### Dataset excerpts
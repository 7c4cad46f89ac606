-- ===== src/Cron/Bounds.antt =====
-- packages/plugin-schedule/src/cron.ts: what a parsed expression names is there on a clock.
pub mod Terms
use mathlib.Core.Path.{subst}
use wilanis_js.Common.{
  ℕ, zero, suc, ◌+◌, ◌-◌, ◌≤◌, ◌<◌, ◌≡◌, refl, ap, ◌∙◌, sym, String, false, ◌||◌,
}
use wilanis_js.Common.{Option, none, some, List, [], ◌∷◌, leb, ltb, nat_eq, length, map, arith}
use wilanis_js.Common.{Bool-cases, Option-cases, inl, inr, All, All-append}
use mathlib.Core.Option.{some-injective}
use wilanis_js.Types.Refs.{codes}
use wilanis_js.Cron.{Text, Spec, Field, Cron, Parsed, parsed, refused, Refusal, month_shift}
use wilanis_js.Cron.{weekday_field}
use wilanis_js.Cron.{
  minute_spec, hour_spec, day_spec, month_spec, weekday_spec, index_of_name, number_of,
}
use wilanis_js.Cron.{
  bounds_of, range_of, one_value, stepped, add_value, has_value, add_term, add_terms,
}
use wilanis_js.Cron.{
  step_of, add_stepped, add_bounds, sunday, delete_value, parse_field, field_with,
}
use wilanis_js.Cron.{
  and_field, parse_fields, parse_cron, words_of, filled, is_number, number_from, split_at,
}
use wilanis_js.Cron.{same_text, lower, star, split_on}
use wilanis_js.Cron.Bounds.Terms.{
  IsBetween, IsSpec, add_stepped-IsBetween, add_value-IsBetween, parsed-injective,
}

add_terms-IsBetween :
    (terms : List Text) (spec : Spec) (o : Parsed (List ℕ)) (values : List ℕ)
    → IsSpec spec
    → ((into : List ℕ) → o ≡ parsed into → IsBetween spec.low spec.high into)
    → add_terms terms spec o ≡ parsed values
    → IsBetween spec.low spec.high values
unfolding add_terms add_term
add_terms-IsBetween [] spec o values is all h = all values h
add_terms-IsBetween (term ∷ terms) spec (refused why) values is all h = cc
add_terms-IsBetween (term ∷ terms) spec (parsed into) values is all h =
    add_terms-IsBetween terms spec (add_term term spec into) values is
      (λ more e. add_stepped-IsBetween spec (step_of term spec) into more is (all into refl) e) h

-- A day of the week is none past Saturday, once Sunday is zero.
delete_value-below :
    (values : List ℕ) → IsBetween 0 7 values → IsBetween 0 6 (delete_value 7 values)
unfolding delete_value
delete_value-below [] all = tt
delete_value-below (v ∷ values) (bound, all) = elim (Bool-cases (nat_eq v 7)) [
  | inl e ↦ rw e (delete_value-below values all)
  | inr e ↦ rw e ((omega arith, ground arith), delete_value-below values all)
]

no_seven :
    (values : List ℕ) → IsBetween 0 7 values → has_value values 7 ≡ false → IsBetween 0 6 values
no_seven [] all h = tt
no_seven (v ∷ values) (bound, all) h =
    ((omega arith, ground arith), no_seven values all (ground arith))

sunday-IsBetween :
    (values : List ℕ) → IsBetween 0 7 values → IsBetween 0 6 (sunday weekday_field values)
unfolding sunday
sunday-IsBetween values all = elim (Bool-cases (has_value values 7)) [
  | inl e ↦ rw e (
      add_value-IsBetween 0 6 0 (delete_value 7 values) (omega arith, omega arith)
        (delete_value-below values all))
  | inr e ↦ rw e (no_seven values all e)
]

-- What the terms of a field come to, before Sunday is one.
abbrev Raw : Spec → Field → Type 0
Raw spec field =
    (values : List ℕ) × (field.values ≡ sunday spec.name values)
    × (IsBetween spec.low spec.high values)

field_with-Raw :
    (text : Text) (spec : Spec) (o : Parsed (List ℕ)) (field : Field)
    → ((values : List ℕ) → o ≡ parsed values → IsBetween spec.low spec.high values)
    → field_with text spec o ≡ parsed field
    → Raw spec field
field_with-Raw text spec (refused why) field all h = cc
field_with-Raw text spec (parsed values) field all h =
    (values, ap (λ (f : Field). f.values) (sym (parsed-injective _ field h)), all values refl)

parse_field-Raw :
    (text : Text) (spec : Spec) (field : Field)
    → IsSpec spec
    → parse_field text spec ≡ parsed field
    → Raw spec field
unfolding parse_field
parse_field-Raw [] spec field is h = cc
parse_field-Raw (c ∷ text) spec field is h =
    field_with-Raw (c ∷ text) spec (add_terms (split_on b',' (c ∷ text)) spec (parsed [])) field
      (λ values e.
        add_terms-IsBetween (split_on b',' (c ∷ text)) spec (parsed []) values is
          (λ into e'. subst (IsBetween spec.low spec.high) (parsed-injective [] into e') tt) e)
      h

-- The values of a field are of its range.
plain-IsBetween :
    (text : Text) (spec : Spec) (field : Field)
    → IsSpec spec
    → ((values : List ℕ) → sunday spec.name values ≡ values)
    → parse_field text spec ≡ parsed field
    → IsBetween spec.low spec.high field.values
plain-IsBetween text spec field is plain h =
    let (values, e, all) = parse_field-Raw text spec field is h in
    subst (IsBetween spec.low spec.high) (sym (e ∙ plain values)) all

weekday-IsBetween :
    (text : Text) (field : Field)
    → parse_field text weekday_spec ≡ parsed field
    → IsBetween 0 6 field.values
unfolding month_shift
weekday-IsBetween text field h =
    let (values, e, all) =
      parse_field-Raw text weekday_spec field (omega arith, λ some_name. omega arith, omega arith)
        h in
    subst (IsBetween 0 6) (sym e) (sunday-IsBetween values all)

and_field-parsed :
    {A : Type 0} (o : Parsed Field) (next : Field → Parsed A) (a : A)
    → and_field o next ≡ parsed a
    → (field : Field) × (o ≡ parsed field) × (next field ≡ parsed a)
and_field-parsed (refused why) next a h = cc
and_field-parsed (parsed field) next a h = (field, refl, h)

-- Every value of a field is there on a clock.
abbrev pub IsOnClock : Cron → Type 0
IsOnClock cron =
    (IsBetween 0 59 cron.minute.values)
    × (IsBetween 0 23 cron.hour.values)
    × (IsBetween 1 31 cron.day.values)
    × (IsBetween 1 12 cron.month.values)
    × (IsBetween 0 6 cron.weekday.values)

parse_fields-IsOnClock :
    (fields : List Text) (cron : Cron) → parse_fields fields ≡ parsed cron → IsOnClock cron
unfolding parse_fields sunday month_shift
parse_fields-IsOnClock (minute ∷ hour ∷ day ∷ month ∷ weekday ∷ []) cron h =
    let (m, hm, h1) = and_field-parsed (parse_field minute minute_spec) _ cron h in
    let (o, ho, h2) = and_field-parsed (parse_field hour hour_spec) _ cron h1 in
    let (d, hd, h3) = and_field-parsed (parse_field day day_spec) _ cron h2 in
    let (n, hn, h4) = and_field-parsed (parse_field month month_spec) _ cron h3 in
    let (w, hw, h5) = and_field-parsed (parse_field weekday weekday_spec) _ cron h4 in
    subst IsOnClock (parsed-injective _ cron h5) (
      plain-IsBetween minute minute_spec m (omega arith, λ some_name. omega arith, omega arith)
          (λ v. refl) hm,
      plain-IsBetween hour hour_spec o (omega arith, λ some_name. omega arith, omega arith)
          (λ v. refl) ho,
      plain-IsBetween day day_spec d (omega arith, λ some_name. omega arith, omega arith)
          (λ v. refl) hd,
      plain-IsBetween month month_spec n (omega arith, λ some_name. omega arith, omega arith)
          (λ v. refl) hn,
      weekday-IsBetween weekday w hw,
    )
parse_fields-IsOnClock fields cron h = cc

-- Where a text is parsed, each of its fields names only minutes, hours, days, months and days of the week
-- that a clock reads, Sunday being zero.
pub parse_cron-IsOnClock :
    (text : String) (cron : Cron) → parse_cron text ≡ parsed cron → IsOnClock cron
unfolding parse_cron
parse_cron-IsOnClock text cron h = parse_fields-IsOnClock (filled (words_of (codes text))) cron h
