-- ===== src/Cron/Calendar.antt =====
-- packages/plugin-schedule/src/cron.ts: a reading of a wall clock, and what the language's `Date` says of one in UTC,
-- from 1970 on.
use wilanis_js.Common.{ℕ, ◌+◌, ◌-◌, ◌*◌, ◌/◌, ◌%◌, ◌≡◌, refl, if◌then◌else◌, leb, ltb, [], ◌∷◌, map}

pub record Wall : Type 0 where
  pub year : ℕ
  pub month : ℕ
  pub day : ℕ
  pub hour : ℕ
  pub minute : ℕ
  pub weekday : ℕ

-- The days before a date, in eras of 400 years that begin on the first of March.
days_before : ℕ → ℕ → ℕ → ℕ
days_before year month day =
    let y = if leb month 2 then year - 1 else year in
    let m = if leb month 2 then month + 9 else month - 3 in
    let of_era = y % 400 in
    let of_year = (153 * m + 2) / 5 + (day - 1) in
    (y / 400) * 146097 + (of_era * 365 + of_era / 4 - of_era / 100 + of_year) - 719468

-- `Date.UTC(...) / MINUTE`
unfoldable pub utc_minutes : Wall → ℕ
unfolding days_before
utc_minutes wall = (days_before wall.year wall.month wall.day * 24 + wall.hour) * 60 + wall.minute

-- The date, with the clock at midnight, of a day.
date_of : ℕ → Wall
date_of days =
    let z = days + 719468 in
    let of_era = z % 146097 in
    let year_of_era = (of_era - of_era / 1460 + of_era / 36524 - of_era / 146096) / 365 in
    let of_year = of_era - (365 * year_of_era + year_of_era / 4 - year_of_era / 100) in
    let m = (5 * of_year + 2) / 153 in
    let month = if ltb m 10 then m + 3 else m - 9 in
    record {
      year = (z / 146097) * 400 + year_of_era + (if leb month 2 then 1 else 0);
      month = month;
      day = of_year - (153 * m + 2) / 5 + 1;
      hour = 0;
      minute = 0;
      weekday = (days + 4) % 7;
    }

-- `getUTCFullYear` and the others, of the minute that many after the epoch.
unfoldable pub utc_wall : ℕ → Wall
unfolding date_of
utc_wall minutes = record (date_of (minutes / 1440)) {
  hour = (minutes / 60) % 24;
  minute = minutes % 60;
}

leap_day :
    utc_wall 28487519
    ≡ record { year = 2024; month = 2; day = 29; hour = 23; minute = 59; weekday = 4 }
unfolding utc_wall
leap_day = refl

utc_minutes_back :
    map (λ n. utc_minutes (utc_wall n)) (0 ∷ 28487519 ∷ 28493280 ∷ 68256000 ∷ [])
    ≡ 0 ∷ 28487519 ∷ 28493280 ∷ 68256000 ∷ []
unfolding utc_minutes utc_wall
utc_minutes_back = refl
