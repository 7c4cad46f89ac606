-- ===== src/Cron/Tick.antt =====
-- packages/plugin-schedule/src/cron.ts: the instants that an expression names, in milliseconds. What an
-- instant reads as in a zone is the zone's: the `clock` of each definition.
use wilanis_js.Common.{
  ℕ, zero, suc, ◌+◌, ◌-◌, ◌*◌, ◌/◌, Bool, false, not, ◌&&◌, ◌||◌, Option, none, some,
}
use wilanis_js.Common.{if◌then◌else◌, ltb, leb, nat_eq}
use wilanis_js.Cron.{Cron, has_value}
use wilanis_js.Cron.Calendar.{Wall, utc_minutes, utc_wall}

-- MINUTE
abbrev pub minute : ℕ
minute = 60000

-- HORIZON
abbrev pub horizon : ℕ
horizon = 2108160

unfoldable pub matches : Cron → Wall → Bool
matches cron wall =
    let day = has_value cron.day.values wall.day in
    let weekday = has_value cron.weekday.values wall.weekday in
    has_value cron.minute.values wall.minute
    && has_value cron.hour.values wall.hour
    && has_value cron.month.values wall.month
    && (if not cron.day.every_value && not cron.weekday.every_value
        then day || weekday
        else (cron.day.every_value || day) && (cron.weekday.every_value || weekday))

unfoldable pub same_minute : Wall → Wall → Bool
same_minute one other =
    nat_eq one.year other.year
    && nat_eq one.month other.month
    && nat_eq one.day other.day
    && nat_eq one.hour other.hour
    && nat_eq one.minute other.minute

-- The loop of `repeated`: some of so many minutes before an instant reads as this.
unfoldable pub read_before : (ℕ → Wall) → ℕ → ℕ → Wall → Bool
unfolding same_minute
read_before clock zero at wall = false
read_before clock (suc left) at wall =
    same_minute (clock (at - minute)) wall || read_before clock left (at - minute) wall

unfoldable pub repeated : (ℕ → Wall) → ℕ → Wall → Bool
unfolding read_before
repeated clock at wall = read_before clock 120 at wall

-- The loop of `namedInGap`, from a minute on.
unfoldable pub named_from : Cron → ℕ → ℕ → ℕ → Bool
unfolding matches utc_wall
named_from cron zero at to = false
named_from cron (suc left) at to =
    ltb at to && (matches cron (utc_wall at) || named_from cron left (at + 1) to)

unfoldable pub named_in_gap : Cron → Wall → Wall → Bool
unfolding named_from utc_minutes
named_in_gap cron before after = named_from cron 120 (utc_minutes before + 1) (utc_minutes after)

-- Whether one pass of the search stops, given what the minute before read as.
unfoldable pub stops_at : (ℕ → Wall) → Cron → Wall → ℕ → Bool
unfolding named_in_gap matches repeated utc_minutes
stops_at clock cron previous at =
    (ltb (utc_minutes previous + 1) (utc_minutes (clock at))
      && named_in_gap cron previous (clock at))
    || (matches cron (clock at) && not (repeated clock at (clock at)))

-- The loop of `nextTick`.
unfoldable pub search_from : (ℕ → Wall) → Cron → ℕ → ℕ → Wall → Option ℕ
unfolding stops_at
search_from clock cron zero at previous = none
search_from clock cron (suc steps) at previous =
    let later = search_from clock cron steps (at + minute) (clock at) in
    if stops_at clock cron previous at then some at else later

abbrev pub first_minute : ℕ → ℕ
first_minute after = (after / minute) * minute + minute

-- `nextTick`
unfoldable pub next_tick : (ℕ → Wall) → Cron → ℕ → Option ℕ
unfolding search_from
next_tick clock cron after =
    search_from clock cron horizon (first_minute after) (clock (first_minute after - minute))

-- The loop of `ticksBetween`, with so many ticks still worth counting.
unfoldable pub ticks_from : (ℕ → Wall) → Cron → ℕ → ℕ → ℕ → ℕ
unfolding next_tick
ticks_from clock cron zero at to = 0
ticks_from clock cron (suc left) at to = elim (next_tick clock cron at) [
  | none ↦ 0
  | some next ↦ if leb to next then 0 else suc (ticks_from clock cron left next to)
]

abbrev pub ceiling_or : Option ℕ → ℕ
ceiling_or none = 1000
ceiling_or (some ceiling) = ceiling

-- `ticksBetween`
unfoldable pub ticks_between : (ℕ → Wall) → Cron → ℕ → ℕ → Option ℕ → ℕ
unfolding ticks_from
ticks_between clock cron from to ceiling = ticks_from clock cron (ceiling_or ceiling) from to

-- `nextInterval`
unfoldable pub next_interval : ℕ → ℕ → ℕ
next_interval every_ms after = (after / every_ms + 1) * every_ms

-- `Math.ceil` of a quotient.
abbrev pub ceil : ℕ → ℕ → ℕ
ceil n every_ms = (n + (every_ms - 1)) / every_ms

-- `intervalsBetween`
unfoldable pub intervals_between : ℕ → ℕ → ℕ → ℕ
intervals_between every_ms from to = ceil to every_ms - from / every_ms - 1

### Problem to solve
In the listing above, find the line with "(text : String)" and the line with "pub month : ℕ", then print exactly those lines and every line between them.

### Answer space
    (text : String) (cron : Cron) → parse_cron text ≡ parsed cron → IsOnClock cron
unfolding parse_cron
parse_cron-IsOnClock text cron h = parse_fields-IsOnClock (filled (words_of (codes text))) cron h
-- ===== src/Cron/Calendar.antt =====
-- packages/plugin-schedule/src/cron.ts: a reading of a wall clock, and what the language's `Date` says of one in UTC,
-- from 1970 on.
use wilanis_js.Common.{ℕ, ◌+◌, ◌-◌, ◌*◌, ◌/◌, ◌%◌, ◌≡◌, refl, if◌then◌else◌, leb, ltb, [], ◌∷◌, map}

pub record Wall : Type 0 where
  pub year : ℕ
  pub month : ℕ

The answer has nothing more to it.